▸ WHAT IS REQUIRED
In the records below, begin at the line that has "create_volume_no_panic_example : create_volume" and stop after the line that has "not_there = refl"; quote those lines verbatim and nothing more.
-- MATERIAL PROVIDED follows --
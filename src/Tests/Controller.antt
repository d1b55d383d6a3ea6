-- ===== src/Tests/Controller.antt =====
-- Runs of the theorems on the volumes of the controller service.
use cloudstack_csi_driver.Prelude.{
  ◌≢◌, ℕ, ◌-◌, ◌^◌, ◌≤◌, ◌≡◌, ◌⊎◌, ◌↔◌, none, some, [], ◌∷◌, refl, arith, string_dec,
}
use cloudstack_csi_driver.Prelude.Int.{pos}
use cloudstack_csi_driver.Prelude.Maps.{lookup}
use cloudstack_csi_driver.Prelude.Prog.{err, ok, final}
use cloudstack_csi_driver.Prelude.Strconv.{itoa}
use cloudstack_csi_driver.Cloud.{not_found, is_not_found}
use cloudstack_csi_driver.Cloud.Fake.{
  FakeConnector, new, first_volume, fake_node, get_volume_by_id, get_vm_by_id,
}
use cloudstack_csi_driver.Driver.Controller.{with_volume_lock, Server, new_controller_server}
use cloudstack_csi_driver.Driver.Controller.Create.{
  provision, new_volume, create_blank, choose_zone, response, create_volume,
}
use cloudstack_csi_driver.Driver.Controller.Create.Anywhere.{create_volume_anywhere}
use cloudstack_csi_driver.Driver.Controller.Create.Laws.{Answers, Meets, create_volume-Meets}
use cloudstack_csi_driver.Driver.Controller.Create.Panics.{create_volume_no_panic}
use cloudstack_csi_driver.Driver.Controller.Create.Twice.{create_volume_twice}
use cloudstack_csi_driver.Driver.Controller.Locks.{create_volume-locks}
use cloudstack_csi_driver.Driver.Controller.OperationLocks.{
  delete_volume-locks, controller_expand_volume-locks,
}
use cloudstack_csi_driver.Driver.Controller.Volumes.{
  delete_volume, controller_expand_volume, ControllerExpandVolumeRequest,
}
use cloudstack_csi_driver.Driver.Controller.Volumes.Laws.{Expands, controller_expand_volume-Expands}
use cloudstack_csi_driver.Driver.Csi.{
  snapshot, panic, is_valid_volume_capabilities, CreateVolumeResponse, CreateVolumeRequest,
  CapacityRange, disk_offering_key, zone_key,
}
use cloudstack_csi_driver.Driver.Sizes.{determine_size}
use cloudstack_csi_driver.Driver.Sizes.Laws.{Fits, determine_size_least, determine_size_overflow}
use cloudstack_csi_driver.Driver.Suitable.{check_volume_suitable, suitable}
use cloudstack_csi_driver.Driver.Suitable.Laws.{Suits, check_volume_suitable_iff}
use cloudstack_csi_driver.Driver.Topology.{zone_request, new_topology, to_csi}
use cloudstack_csi_driver.Driver.Topology.Laws.{new_topology-to_csi}
use cloudstack_csi_driver.Tests.{differs, sets, cloud, server, capability, supply}
use cloudstack_csi_driver.Util.Gb.{giga_bytes_to_bytes, round_up_bytes_to_gb}
use cloudstack_csi_driver.Util.OperationLock.{new_operation_lock}
use cloudstack_csi_driver.Util.OperationLock.Counters.{no_operation, Represents, Within}
use cloudstack_csi_driver.Util.OperationLock.Exclusion.{run-Represents, run, run_counts}
use cloudstack_csi_driver.Util.VolumeLocks.{try_acquire}
use cloudstack_csi_driver.Cloud.Fake

abbrev range : CapacityRange
range = record { required_bytes = pos 1500000000; limit_bytes = pos 3000000000 }

abbrev pub request : CreateVolumeRequest
request = record {
  name = "pvc-1";
  capacity_range = some range;
  volume_capabilities = capability ∷ [];
  parameters = some ((disk_offering_key, "gold") ∷ []);
  volume_content_source = none;
  accessibility_requirements =
      some
        (record { requisite = some (record { segments = some ((zone_key, "zone-1") ∷ []) } ∷ []) });
}

abbrev pub s₀ : Server sets cloud
s₀ = server new

create_volume-Meets_example :
    Answers
      (Meets cloud request ((disk_offering_key, "gold") ∷ []))
      (create_volume sets cloud 0 request s₀)
create_volume-Meets_example =
    create_volume-Meets sets cloud 0 request ((disk_offering_key, "gold") ∷ []) s₀ refl refl
      (1500000000, refl, omega arith)

abbrev pub made : CreateVolumeResponse
made = response request ((disk_offering_key, "gold") ∷ []) "id-0" (pos 2147483648) "zone-1" none

pub created_once :
    create_volume sets cloud 0 request s₀ ≡ ok made (final (create_volume sets cloud 0 request s₀))
unfolding create_volume provision new_volume create_blank choose_zone new_controller_server
    string_dec is_valid_volume_capabilities lookup with_volume_lock try_acquire
    Fake.get_volume_by_name new is_not_found determine_size giga_bytes_to_bytes round_up_bytes_to_gb
    zone_request new_topology Fake.create_volume itoa
created_once = refl

create_volume_twice_example :
    (resp' : CreateVolumeResponse) × (t' : Server sets cloud) × (create_volume sets cloud 7 request
        (final (create_volume sets cloud 0 request s₀))
      ≡ ok resp' t')
    × (resp'.volume_id ≡ made.volume_id)
    × (resp'.capacity_bytes ≡ made.capacity_bytes)
    × (t'.cloud ≡ (final (create_volume sets cloud 0 request s₀)).cloud)
create_volume_twice_example =
    create_volume_twice sets supply 0 7 request ((disk_offering_key, "gold") ∷ []) s₀
      (final (create_volume sets cloud 0 request s₀)) made refl refl (1500000000, refl, omega arith)
      created_once

create_volume_no_panic_example : create_volume sets cloud 0 request s₀ ≢ err panic s₀
unfolding zone_request new_topology lookup string_dec
create_volume_no_panic_example = create_volume_no_panic sets cloud 0 request s₀ s₀ (λ e. cc)

abbrev from_snapshot : CreateVolumeRequest
from_snapshot = record request { volume_content_source = some (snapshot "s") }

not_there : cloud.get_volume_by_name "pvc-1" new ≡ err not_found new
unfolding Fake.get_volume_by_name new lookup string_dec
not_there = refl

create_volume_anywhere_example :
    create_volume sets cloud 0 from_snapshot s₀
    ≡ create_volume sets cloud 0 (record from_snapshot { accessibility_requirements = none }) s₀
unfolding string_dec is_not_found new_controller_server
create_volume_anywhere_example =
    create_volume_anywhere sets cloud 0 from_snapshot none s₀ new not_found (differs "s" "" refl)
      not_there refl

create_volume-locks_example :
    (sets.has (final (create_volume sets cloud 0 request s₀)).volume_locks "pvc-1"
      ≡ sets.has s₀.volume_locks "pvc-1")
    × ((final (create_volume sets cloud 0 request s₀)).operation_locks ≡ s₀.operation_locks)
create_volume-locks_example = create_volume-locks sets cloud 0 request s₀ "pvc-1"

idle : Represents new_operation_lock first_volume.id no_operation
unfolding run run_counts
idle = run-Represents first_volume.id [] (omega arith)

idle-Within : Within 0 no_operation
idle-Within = omega arith

delete_volume-locks_example :
    (sets.has (final (delete_volume sets cloud first_volume.id s₀)).volume_locks first_volume.id
      ≡ sets.has s₀.volume_locks first_volume.id)
    × Represents
        (final (delete_volume sets cloud first_volume.id s₀)).operation_locks
        first_volume.id
        no_operation
unfolding new_controller_server
delete_volume-locks_example =
    delete_volume-locks sets cloud first_volume.id first_volume.id s₀ no_operation 0 (omega arith)
      idle-Within idle refl

abbrev pub expand_request : ControllerExpandVolumeRequest
expand_request = record {
  volume_id = first_volume.id;
  capacity_range = some range;
  volume_capability = some capability;
}

controller_expand_volume-locks_example :
    (sets.has
        (final (controller_expand_volume sets cloud expand_request s₀)).volume_locks
        first_volume.id
      ≡ sets.has s₀.volume_locks first_volume.id)
    × Represents
        (final (controller_expand_volume sets cloud expand_request s₀)).operation_locks
        first_volume.id
        no_operation
unfolding new_controller_server
controller_expand_volume-locks_example =
    controller_expand_volume-locks sets cloud expand_request first_volume.id s₀ no_operation 0
      (omega arith) idle-Within idle refl

check_volume_suitable_iff_example :
    (check_volume_suitable first_volume "gold" (some range) none ≡ suitable)
    ↔ Suits first_volume "gold" (some range) none
check_volume_suitable_iff_example = check_volume_suitable_iff first_volume "gold" (some range) none

determine_size_least_example :
    ((g : ℕ) × (determine_size (some range) ≡ some (pos g))
      × Fits 1500000000 (pos 3000000000) g
      × ((h : ℕ) → Fits 1500000000 (pos 3000000000) h → g ≤ h))
    ⊎ ((determine_size (some range) ≡ none) × ((h : ℕ) → ¬ Fits 1500000000 (pos 3000000000) h))
determine_size_least_example = determine_size_least range 1500000000 refl (omega arith)

abbrev huge : CapacityRange
huge = record { required_bytes = pos (2 ^ 63 - 2000); limit_bytes = pos 1 }

determine_size_overflow_example : determine_size (some huge) ≡ some (pos (2 ^ 33))
determine_size_overflow_example =
    determine_size_overflow huge (2 ^ 63 - 2000) refl (omega arith) (omega arith)

new_topology-to_csi_example :
    new_topology (to_csi (record { zone_id = "z"; host_id = "h" }))
    ≡ some (record { zone_id = "z"; host_id = "h" })
new_topology-to_csi_example = new_topology-to_csi (record { zone_id = "z"; host_id = "h" })

controller_expand_volume-Expands_example :
    Answers (Expands expand_request) (controller_expand_volume sets cloud expand_request s₀)
controller_expand_volume-Expands_example =
    controller_expand_volume-Expands sets cloud expand_request s₀ (1500000000, refl, omega arith)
-- MATERIAL PROVIDED concluded --
▸ WRITTEN ANSWER
create_volume_no_panic_example : create_volume sets cloud 0 request s₀ ≢ err panic s₀
unfolding zone_request new_topology lookup string_dec
create_volume_no_panic_example = create_volume_no_panic sets cloud 0 request s₀ s₀ (λ e. cc)

abbrev from_snapshot : CreateVolumeRequest
from_snapshot = record request { volume_content_source = some (snapshot "s") }

not_there : cloud.get_volume_by_name "pvc-1" new ≡ err not_found new
unfolding Fake.get_volume_by_name new lookup string_dec
not_there = refl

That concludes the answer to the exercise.